= Diana Devlin =

London based teacher, author and theatre academic

Diana Devlin (1 April 1941 - 27 September 2020) was a London based teacher, author and theatre academic who helped to create the Shakespeare's Globe theatre with her associate Sam Wanamaker.

==Life==
Devlin was born in Porthmadog, Wales on 1 April 1941. She studied at Beaufort House primary school in Fulham, and then at Carlyle grammar school in Chelsea, where she was head girl at the school. In 1960, she attended Cambridge University and obtained a second-class degree in English Literature. During her time at Cambridge she became close friends with the actress Miriam Margolyes. She married the actor Will Graham in 1968 but they divorced a few years later. After attending Cambridge, she was awarded a Fulbright scholarship and subsequently gained a doctorate in theatre arts from the University of Minnesota. After graduation, Devlin became a lecturer in drama at Goldsmiths, University of London.

Devlin was a key figure in the development of the Shakespeare's Globe theatre. This began with her running the theatre's first summer school, which took place in 1972. In 1985, she became the administrator of the theatre. In 1997, Devlin was appointed as a trustee of the theatre and would later act as the deputy chair of the council from 2013.

In 1989, she married David Ogden but the marriage also ended in divorce.

Between 1993 and 2013 she was the head of theatre studies at the Guildhall School of Music and Drama in London.

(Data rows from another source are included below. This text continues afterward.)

-- ===== src/Cleanse/Strings/Loop.antt =====
-- The loop of `_CollapseStrings` ends.
use mathlib.Core.List.{append_assoc}
use nwtool.Base.{
  Bool-cases, Option-cases, length, drop, length-drop, Text, txt, text_eq, find, ℕ, zero, suc, ◌+◌,
  ◌≤◌, ◌<◌, ◌≡◌, refl, ap, ◌∙◌, inl, inr, true, false, Option, none, some, [], ◌∷◌, ◌++◌, arith,
}
use nwtool.Regex.{match, searches, MatchResult}
use nwtool.Regex.Lengths.{tree, match-ends_groups, match-last_group}
use nwtool.Cleanse.Strings.{group_text, group_text-some, first_quote, collapse_step, collapse_loop}

first_quote_groups :
    (line : Text) (m : MatchResult)
    → match first_quote line ≡ some m
    → length (group_text 1 m) + length (group_text 3 m) + 1 ≤ length line
unfolding tree
first_quote_groups line m h =
    let (f, g, first_is, last_is, short) =
      match-ends_groups first_quote line 1 3 m refl refl (omega arith) h in
    rw (group_text-some 1 m f first_is, group_text-some 3 m g last_is) (omega (arith, short))

abbrev separator_tail : Text
separator_tail = txt "^((?:\\'?[0-9a-zA-Z_])*)(.*)$"

separator_tail_group :
    (line : Text) (m : MatchResult)
    → match separator_tail line ≡ some m
    → length (group_text 2 m) ≤ length line
unfolding tree
separator_tail_group line m h =
    let (g, last_is, short) = match-last_group separator_tail line 2 2 m refl refl h in
    rw (group_text-some 2 m g last_is) (omega (arith, short))

abbrev number_end : Text
number_end = txt "\\b(?:0[bBxX]?|[1-9])[0-9a-fA-F]*$"

number_end-nil : searches number_end [] ≡ false
unfolding searches
number_end-nil = refl

number_end-ne_nil : (head : Text) → searches number_end head ≡ true → 0 < length head
number_end-ne_nil [] h = absurd (ground (arith, number_end-nil))
number_end-ne_nil (c ∷ cs) h = omega arith

-- A round that goes on leaves a shorter text.
abbrev Shorter : Text → Option Text → Type 0
Shorter l none = Unit {0}
Shorter l (some r) = length r < length l

drop_shorter :
    (q : ℕ) (tail l : Text) → length tail + 1 ≤ length l → length (drop (q + 1) tail) < length l
drop_shorter q tail l h = omega (arith, length-drop (q + 1) tail)

collapse_step-Shorter : (l : Text) → Shorter l (collapse_step l).1
unfolding collapse_step
collapse_step-Shorter l = elim (Option-cases (match first_quote l)) [
  | inl e ↦ rw (e, collapse_step) tt
  | inr (m, e) ↦
      let tail = group_text 3 m in
      let bound = first_quote_groups l m e in
      let short : length tail + 1 ≤ length l = omega (arith, bound) in
      elim (Bool-cases (text_eq (group_text 2 m) (txt "\""))) [
        | inl double ↦ elim (Option-cases (find tail (txt "\""))) [
          | inl missing ↦ rw (e, collapse_step) (rw (double, missing) tt)
          | inr (q, at_q) ↦ rw (e, collapse_step) (rw (double, at_q) (drop_shorter q tail l short))
        ]
        | inr single ↦ elim (Bool-cases (searches number_end (group_text 1 m))) [
          | inl digits ↦ elim (Option-cases (match separator_tail (b'\'' ∷ tail))) [
            | inl missing ↦ rw (e, collapse_step) (rw (single, digits, missing) tt)
            | inr (d, at_d) ↦
                rw (e, collapse_step)
                  (rw (single, digits, at_d)
                    (omega (
                      arith,
                      bound,
                      number_end-ne_nil (group_text 1 m) digits,
                      separator_tail_group (b'\'' ∷ tail) d at_d,
                    )))
          ]
          | inr letters ↦ elim (Option-cases (find tail (txt "'"))) [
            | inl missing ↦ rw (e, collapse_step) (rw (single, letters, missing) tt)
            | inr (q, at_q) ↦
                rw (e, collapse_step) (rw (single, letters, at_q) (drop_shorter q tail l short))
          ]
        ]
      ]
]

-- With more rounds than characters left, the loop of `_CollapseStrings` ends, and what it returns
-- begins with what was collapsed before.
pub collapse_loop-total :
    (f : ℕ) (collapsed l : Text)
    → length l < f
    → (c : Text) × (collapse_loop f collapsed l ≡ some (collapsed ++ c))
unfolding collapse_loop
collapse_loop-total zero collapsed l h = absurd (omega arith)
collapse_loop-total (suc f) collapsed l h = elim (Option-cases (collapse_step l).1) [
  | inl last ↦ ((collapse_step l).0, rw (last, collapse_loop))
  | inr (r, more) ↦
      let shorter : length r < length l = rw more at (collapse_step-Shorter l) in
      let (c, runs) = collapse_loop-total f (collapsed ++ (collapse_step l).0) r (omega arith) in
      (
        (collapse_step l).0 ++ c,
        rw (more, collapse_loop) (runs ∙ ap some (append_assoc collapsed (collapse_step l).0 c)),
      )
]
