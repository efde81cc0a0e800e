-- ===== src/Constructors/Arguments.antt =====
-- The arguments of a constructor, which were split at every comma.
pub mod Joined
use nwtool.Base.{
  ltb, Text, txt, count, Bool, true, false, ◌||◌, Option, none, some, List, [], ◌∷◌, ◌++◌,
}

-- A bracket is open in an argument.
unfoldable pub is_open : Text → Bool
unfolding count
is_open a =
    ltb (count a (txt ">")) (count a (txt "<")) || ltb (count a (txt ")")) (count a (txt "("))

-- The loop from an argument on; `none` is the IndexError where no argument is left to append.
unfoldable pub collapse_from : Text → List Text → Option (List Text)
unfolding is_open
collapse_from a [] = elim (is_open a) [ true ↦ none | false ↦ some (a ∷ []) ]
collapse_from a (b ∷ bs) = elim (is_open a) [
  | true ↦ collapse_from (a ++ (b',' ∷ b)) bs
  | false ↦ elim (collapse_from b bs) [ none ↦ none | some rest ↦ some (a ∷ rest) ]
]

unfoldable pub collapse_arguments : List Text → Option (List Text)
unfolding collapse_from
collapse_arguments [] = some []
collapse_arguments (a ∷ as') = collapse_from a as'
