-- ===== src/Constructors/Constructs.antt =====
-- The constructs that `CheckForNonStandardConstructs` looks for on any line.
use nwtool.Base.{get_or, Text, txt, replace, ℕ, List, [], ◌++◌}
use nwtool.Report.{Report, report, when}
use nwtool.Regex.{matches, searches}
use nwtool.Cleanse.{CleansedLines}

-- The formats and escapes, in strings.
unfoldable pub check_formats : Text → ℕ → List Report
unfolding searches replace
check_formats line linenum =
    when (searches (txt "printf\\s*\\(.*\".*%[-+ ]?\\d*q") line) (
      report linenum (txt "runtime/printf_format") 3
        (txt "%q in format strings is deprecated.  Use %ll instead."))
    ++ when (searches (txt "printf\\s*\\(.*\".*%\\d+\\$") line) (
        report linenum (txt "runtime/printf_format") 2
          (txt "%N$ formats are unconventional.  Try rewriting to avoid them."))
    ++ when (searches (txt "(\"|\\').*\\\\(%|\\[|\\(|{)") (replace line (txt "\\\\") [])) (
        report linenum (txt "build/printf_format") 3
          (txt "%, [, (, and { are undefined character escapes.  Unescape them."))

unfoldable pub check_constructs : CleansedLines → ℕ → List Report
unfolding check_formats searches matches
check_constructs clean linenum =
    let line = get_or clean.elided linenum [] in
    check_formats (get_or clean.lines linenum []) linenum
    ++ when
        (searches
          (txt "\\b(const|volatile|void|char|short|int|long"
            ++ txt "|float|double|signed|unsigned"
            ++ txt "|schar|u?int8|u?int16|u?int32|u?int64)"
            ++ txt "\\s+(register|static|extern|typedef)\\b")
          line)
        (report linenum (txt "build/storage_class") 5 (
          txt "Storage-class specifier (static, extern, typedef, etc) should be "
          ++ txt "at the beginning of the declaration."))
    ++ when (matches (txt "\\s*#\\s*endif\\s*[^/\\s]+") line) (
        report linenum (txt "build/endif_comment") 5
          (txt "Uncommented text after #endif is non-standard.  Use a comment."))
    ++ when (matches (txt "\\s*class\\s+(\\w+\\s*::\\s*)+\\w+\\s*;") line) (
        report linenum (txt "build/forward_decl") 5
          (txt "Inner-style forward declarations are invalid.  Remove this line."))
    ++ when
        (searches (txt "(\\w+|[+-]?\\d+(\\.\\d*)?)\\s*(<|>)\\?=?\\s*(\\w+|[+-]?\\d+)(\\.\\d*)?")
          line)
        (report linenum (txt "build/deprecated") 3
          (txt ">? and <? (max and min) operators are non-standard and deprecated."))
    ++ when (searches (txt "^\\s*const\\s*string\\s*&\\s*\\w+\\s*;") line) (
        report linenum (txt "runtime/member_string_references") 2 (
          txt "const string& members are dangerous. It is much better to use "
          ++ txt "alternatives, such as pointers or simple constants."))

Devlin died on 27 September 2020. The cause of death was pneumonia.

==Awards==
In June 2019, she received the Sam Wanamaker Award in recognition of her pioneering support of the Globe for 47 years.

==Publications==
- A Speaking Part: Lewis Casson and the Theatre of His Time, Hodder & Stoughton, 1982.
- Mask and Scene: Introduction to a World View of Theatre, Scarecrow Press, 1989.
- Sam Wanamaker: A Global Performer, Oberon Books, 2019.
- The Casson Family in North Wales: A Story of Slate and More, Gwasg Carreg Gwalch, 2019.